Records drawn from a dataset:

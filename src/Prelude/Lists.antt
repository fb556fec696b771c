-- ===== src/Prelude/Lists.antt =====
-- Lists measured by native numbers, and predicates on their elements.
use Prim.Native.Nat.{ℕ, zero, suc, ◌+◌, ◌≤◌}
use mathlib.Core.List.Memᴰ
use mathlib.Core.Logic.{inl, inr}
use mathlib.Core.Path.{◌≡◌, refl, sym, subst, ap, ◌∙◌}
use mathlib.Core.Bool.{Bool, true, false, ◌&&◌, ◌||◌, not}
use mathlib.Core.Option.{Option, none, some}
use mathlib.Core.List.{List, [], ◌∷◌, ◌++◌, reverse, reverse-cons, Memᴰ}
use native.Mathlib.Omega.{arith}
use agent_workboard.Prelude.Tests.{if◌then◌else◌, Bool-cases}

module _ {ℓ} {A : Type ℓ} where
  abbrev pub length : List A → ℕ
  length [] = 0
  length (x ∷ xs) = suc (length xs)

  abbrev pub is_empty : List A → Bool
  is_empty [] = true
  is_empty (x ∷ xs) = false

  abbrev pub any : (A → Bool) → List A → Bool
  any p [] = false
  any p (x ∷ xs) = p x || any p xs

  abbrev pub all : (A → Bool) → List A → Bool
  all p [] = true
  all p (x ∷ xs) = p x && all p xs

  abbrev pub take : ℕ → List A → List A
  take zero xs = []
  take (suc n) [] = []
  take (suc n) (x ∷ xs) = x ∷ take n xs

  abbrev pub drop : ℕ → List A → List A
  drop zero xs = xs
  drop (suc n) [] = []
  drop (suc n) (x ∷ xs) = drop n xs

  -- `iter().filter(test)`.
  abbrev pub keep : (A → Bool) → List A → List A
  keep p [] = []
  keep p (x ∷ xs) = if p x then x ∷ keep p xs else keep p xs

  -- The first element that passes.
  abbrev pub find : (A → Bool) → List A → Option A
  find p [] = none
  find p (x ∷ xs) = if p x then some x else find p xs

  pub length-append : (xs ys : List A) → length (xs ++ ys) ≡ length xs + length ys
  length-append [] ys = omega arith
  length-append (x ∷ xs) ys = omega (arith, length-append xs ys)

  pub length-take-le : (n : ℕ) (xs : List A) → length (take n xs) ≤ n
  length-take-le zero xs = omega arith
  length-take-le (suc n) [] = omega arith
  length-take-le (suc n) (x ∷ xs) = omega (arith, length-take-le n xs)

  pub all-append : (p : A → Bool) (xs ys : List A) → all p (xs ++ ys) ≡ (all p xs && all p ys)
  all-append p [] ys = refl
  all-append p (x ∷ xs) ys = ground (arith, all-append p xs ys)

  pub all-reverse : (p : A → Bool) (xs : List A) → all p (reverse xs) ≡ all p xs
  all-reverse p [] = refl
  all-reverse p (x ∷ xs) = rw reverse-cons (rw all-append (ground (arith, all-reverse p xs)))

  pub is_empty-reverse : (xs : List A) → is_empty (reverse xs) ≡ is_empty xs
  is_empty-reverse [] = refl
  is_empty-reverse (x ∷ xs) = rw reverse-cons (is_empty-snoc (reverse xs) x)
    where
      is_empty-snoc : (ys : List A) (y : A) → is_empty (ys ++ y ∷ []) ≡ false
      is_empty-snoc [] y = refl
      is_empty-snoc (z ∷ ys) y = refl

  pub all-take : (p : A → Bool) (n : ℕ) (xs : List A) → all p xs ≡ true → all p (take n xs) ≡ true
  all-take p zero xs h = refl
  all-take p (suc n) [] h = refl
  all-take p (suc n) (x ∷ xs) h = ground (arith, all-take p n xs)

  pub all-keep : (p : A → Bool) (xs : List A) → all p (keep p xs) ≡ true
  all-keep p [] = refl
  all-keep p (x ∷ xs) = ground (arith, all-keep p xs)

  pub any-eq-false :
      (p : A → Bool) (xs : List A) → any p xs ≡ false → all (λ x. not (p x)) xs ≡ true
  any-eq-false p [] h = refl
  any-eq-false p (x ∷ xs) h = ground (arith, any-eq-false p xs)

module _ {ℓ κ} {A : Type ℓ} (P : A → Type κ) where
  abbrev pub All : List A → Type κ
  All [] = Unit
  All (x ∷ xs) = P x × All xs

  pub All-append : (xs ys : List A) → All xs → All ys → All (xs ++ ys)
  All-append [] ys h k = k
  All-append (x ∷ xs) ys (p, h) k = (p, All-append xs ys h k)

  pub All-mem : (xs : List A) {x : A} → All xs → Memᴰ x xs → P x
  All-mem [] h m = elim m [ ]
  All-mem (x ∷ xs) (p, h) (Memᴰ.head e) = subst P (sym e) p
  All-mem (x ∷ xs) (p, h) (Memᴰ.tail m) = All-mem xs h m

-- An element that a filter keeps.
pub keep-mem {ℓ} :
    {A : Type ℓ} (p : A → Bool) (xs : List A) {x : A}
    → Memᴰ x (keep p xs)
    → Memᴰ x xs × (p x ≡ true)
keep-mem p [] m = absurd (Memᴰ.not-nil m)
keep-mem p (y ∷ xs) {x} m = elim (Bool-cases (p y)) [
  | inl e ↦ elim (Memᴰ.cases_cons (subst (Memᴰ x) (step e) m)) [
    | inl same ↦ (Memᴰ.head same, ap p same ∙ e)
    | inr n ↦ let (k, h) = keep-mem p xs n in (Memᴰ.tail k, h)
  ]
  | inr e ↦ let (n, h) = keep-mem p xs (subst (Memᴰ x) (skip e) m) in (Memᴰ.tail n, h)
]
  where
    step : p y ≡ true → keep p (y ∷ xs) ≡ y ∷ keep p xs
    step e = rw e refl

    skip : p y ≡ false → keep p (y ∷ xs) ≡ keep p xs
    skip e = rw e refl

pub mem-keep {ℓ} :
    {A : Type ℓ} (p : A → Bool) (xs : List A) {x : A} → Memᴰ x xs → p x ≡ true → Memᴰ x (keep p xs)
mem-keep p [] m h = absurd (Memᴰ.not-nil m)
mem-keep p (y ∷ xs) {x} m h = elim (Bool-cases (p y)) [
  | inl e ↦ subst (Memᴰ x) (sym (step e)) (elim (Memᴰ.cases_cons m) [
    | inl same ↦ Memᴰ.head same
    | inr n ↦ Memᴰ.tail (mem-keep p xs n h)
  ])
  | inr e ↦ subst (Memᴰ x) (sym (skip e)) (elim (Memᴰ.cases_cons m) [
    | inl same ↦ absurd (clash (ap p (sym same) ∙ h) e)
    | inr n ↦ mem-keep p xs n h
  ])
]
  where
    step : p y ≡ true → keep p (y ∷ xs) ≡ y ∷ keep p xs
    step e = rw e refl

    skip : p y ≡ false → keep p (y ∷ xs) ≡ keep p xs
    skip e = rw e refl

    clash : {b : Bool} → b ≡ true → b ≡ false → ⊥
    clash e f = cc

-- What is found stands in the list, and passes.
pub find_sound {ℓ} :
    {A : Type ℓ} (p : A → Bool) (xs : List A) {x : A}
    → find p xs ≡ some x
    → Memᴰ x xs × (p x ≡ true)
find_sound p [] h = cc
find_sound p (y ∷ xs) {x} h = elim (Bool-cases (p y)) [
  | inl e ↦ let same = taken e in (Memᴰ.head (sym same), ap p (sym same) ∙ e)
  | inr e ↦ let (m, passes) = find_sound p xs (skipped e) in (Memᴰ.tail m, passes)
]
  where
    taken : p y ≡ true → y ≡ x
    taken e = let here : find p (y ∷ xs) ≡ some y = rw e refl in cc

    skipped : p y ≡ false → find p xs ≡ some x
    skipped e = let on : find p (y ∷ xs) ≡ find p xs = rw e refl in sym on ∙ h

Problem to solve: Without leaving anything out, quote all the data.

Solved exercise:
filename src/Prelude/Lists.antt
repository fb556fec696b771c
-- ===== src/Prelude/Lists.antt =====
-- Lists measured by native numbers, and predicates on their elements.
use Prim.Native.Nat.{ℕ, zero, suc, ◌+◌, ◌≤◌}
use mathlib.Core.List.Memᴰ
use mathlib.Core.Logic.{inl, inr}
use mathlib.Core.Path.{◌≡◌, refl, sym, subst, ap, ◌∙◌}
use mathlib.Core.Bool.{Bool, true, false, ◌&&◌, ◌||◌, not}
use mathlib.Core.Option.{Option, none, some}
use mathlib.Core.List.{List, [], ◌∷◌, ◌++◌, reverse, reverse-cons, Memᴰ}
use native.Mathlib.Omega.{arith}
use agent_workboard.Prelude.Tests.{if◌then◌else◌, Bool-cases}

module _ {ℓ} {A : Type ℓ} where
  abbrev pub length : List A → ℕ
  length [] = 0
  length (x ∷ xs) = suc (length xs)

  abbrev pub is_empty : List A → Bool
  is_empty [] = true
  is_empty (x ∷ xs) = false

  abbrev pub any : (A → Bool) → List A → Bool
  any p [] = false
  any p (x ∷ xs) = p x || any p xs

  abbrev pub all : (A → Bool) → List A → Bool
  all p [] = true
  all p (x ∷ xs) = p x && all p xs

  abbrev pub take : ℕ → List A → List A
  take zero xs = []
  take (suc n) [] = []
  take (suc n) (x ∷ xs) = x ∷ take n xs

  abbrev pub drop : ℕ → List A → List A
  drop zero xs = xs
  drop (suc n) [] = []
  drop (suc n) (x ∷ xs) = drop n xs

  -- `iter().filter(test)`.
  abbrev pub keep : (A → Bool) → List A → List A
  keep p [] = []
  keep p (x ∷ xs) = if p x then x ∷ keep p xs else keep p xs

  -- The first element that passes.
  abbrev pub find : (A → Bool) → List A → Option A
  find p [] = none
  find p (x ∷ xs) = if p x then some x else find p xs

  pub length-append : (xs ys : List A) → length (xs ++ ys) ≡ length xs + length ys
  length-append [] ys = omega arith
  length-append (x ∷ xs) ys = omega (arith, length-append xs ys)

  pub length-take-le : (n : ℕ) (xs : List A) → length (take n xs) ≤ n
  length-take-le zero xs = omega arith
  length-take-le (suc n) [] = omega arith
  length-take-le (suc n) (x ∷ xs) = omega (arith, length-take-le n xs)

  pub all-append : (p : A → Bool) (xs ys : List A) → all p (xs ++ ys) ≡ (all p xs && all p ys)
  all-append p [] ys = refl
  all-append p (x ∷ xs) ys = ground (arith, all-append p xs ys)

  pub all-reverse : (p : A → Bool) (xs : List A) → all p (reverse xs) ≡ all p xs
  all-reverse p [] = refl
  all-reverse p (x ∷ xs) = rw reverse-cons (rw all-append (ground (arith, all-reverse p xs)))

  pub is_empty-reverse : (xs : List A) → is_empty (reverse xs) ≡ is_empty xs
  is_empty-reverse [] = refl
  is_empty-reverse (x ∷ xs) = rw reverse-cons (is_empty-snoc (reverse xs) x)
    where
      is_empty-snoc : (ys : List A) (y : A) → is_empty (ys ++ y ∷ []) ≡ false
      is_empty-snoc [] y = refl
      is_empty-snoc (z ∷ ys) y = refl

  pub all-take : (p : A → Bool) (n : ℕ) (xs : List A) → all p xs ≡ true → all p (take n xs) ≡ true
  all-take p zero xs h = refl
  all-take p (suc n) [] h = refl
  all-take p (suc n) (x ∷ xs) h = ground (arith, all-take p n xs)

  pub all-keep : (p : A → Bool) (xs : List A) → all p (keep p xs) ≡ true
  all-keep p [] = refl
  all-keep p (x ∷ xs) = ground (arith, all-keep p xs)

  pub any-eq-false :
      (p : A → Bool) (xs : List A) → any p xs ≡ false → all (λ x. not (p x)) xs ≡ true
  any-eq-false p [] h = refl
  any-eq-false p (x ∷ xs) h = ground (arith, any-eq-false p xs)

module _ {ℓ κ} {A : Type ℓ} (P : A → Type κ) where
  abbrev pub All : List A → Type κ
  All [] = Unit
  All (x ∷ xs) = P x × All xs

  pub All-append : (xs ys : List A) → All xs → All ys → All (xs ++ ys)
  All-append [] ys h k = k
  All-append (x ∷ xs) ys (p, h) k = (p, All-append xs ys h k)

  pub All-mem : (xs : List A) {x : A} → All xs → Memᴰ x xs → P x
  All-mem [] h m = elim m [ ]
  All-mem (x ∷ xs) (p, h) (Memᴰ.head e) = subst P (sym e) p
  All-mem (x ∷ xs) (p, h) (Memᴰ.tail m) = All-mem xs h m

-- An element that a filter keeps.
pub keep-mem {ℓ} :
    {A : Type ℓ} (p : A → Bool) (xs : List A) {x : A}
    → Memᴰ x (keep p xs)
    → Memᴰ x xs × (p x ≡ true)
keep-mem p [] m = absurd (Memᴰ.not-nil m)
keep-mem p (y ∷ xs) {x} m = elim (Bool-cases (p y)) [
  | inl e ↦ elim (Memᴰ.cases_cons (subst (Memᴰ x) (step e) m)) [
    | inl same ↦ (Memᴰ.head same, ap p same ∙ e)
    | inr n ↦ let (k, h) = keep-mem p xs n in (Memᴰ.tail k, h)
  ]
  | inr e ↦ let (n, h) = keep-mem p xs (subst (Memᴰ x) (skip e) m) in (Memᴰ.tail n, h)
]
  where
    step : p y ≡ true → keep p (y ∷ xs) ≡ y ∷ keep p xs
    step e = rw e refl

    skip : p y ≡ false → keep p (y ∷ xs) ≡ keep p xs
    skip e = rw e refl

pub mem-keep {ℓ} :
    {A : Type ℓ} (p : A → Bool) (xs : List A) {x : A} → Memᴰ x xs → p x ≡ true → Memᴰ x (keep p xs)
mem-keep p [] m h = absurd (Memᴰ.not-nil m)
mem-keep p (y ∷ xs) {x} m h = elim (Bool-cases (p y)) [
  | inl e ↦ subst (Memᴰ x) (sym (step e)) (elim (Memᴰ.cases_cons m) [
    | inl same ↦ Memᴰ.head same
    | inr n ↦ Memᴰ.tail (mem-keep p xs n h)
  ])
  | inr e ↦ subst (Memᴰ x) (sym (skip e)) (elim (Memᴰ.cases_cons m) [
    | inl same ↦ absurd (clash (ap p (sym same) ∙ h) e)
    | inr n ↦ mem-keep p xs n h
  ])
]
  where
    step : p y ≡ true → keep p (y ∷ xs) ≡ y ∷ keep p xs
    step e = rw e refl

    skip : p y ≡ false → keep p (y ∷ xs) ≡ keep p xs
    skip e = rw e refl

    clash : {b : Bool} → b ≡ true → b ≡ false → ⊥
    clash e f = cc

-- What is found stands in the list, and passes.
pub find_sound {ℓ} :
    {A : Type ℓ} (p : A → Bool) (xs : List A) {x : A}
    → find p xs ≡ some x
    → Memᴰ x xs × (p x ≡ true)
find_sound p [] h = cc
find_sound p (y ∷ xs) {x} h = elim (Bool-cases (p y)) [
  | inl e ↦ let same = taken e in (Memᴰ.head (sym same), ap p (sym same) ∙ e)
  | inr e ↦ let (m, passes) = find_sound p xs (skipped e) in (Memᴰ.tail m, passes)
]
  where
    taken : p y ≡ true → y ≡ x
    taken e = let here : find p (y ∷ xs) ≡ some y = rw e refl in cc

    skipped : p y ≡ false → find p xs ≡ some x
    skipped e = let on : find p (y ∷ xs) ≡ find p xs = rw e refl in sym on ∙ h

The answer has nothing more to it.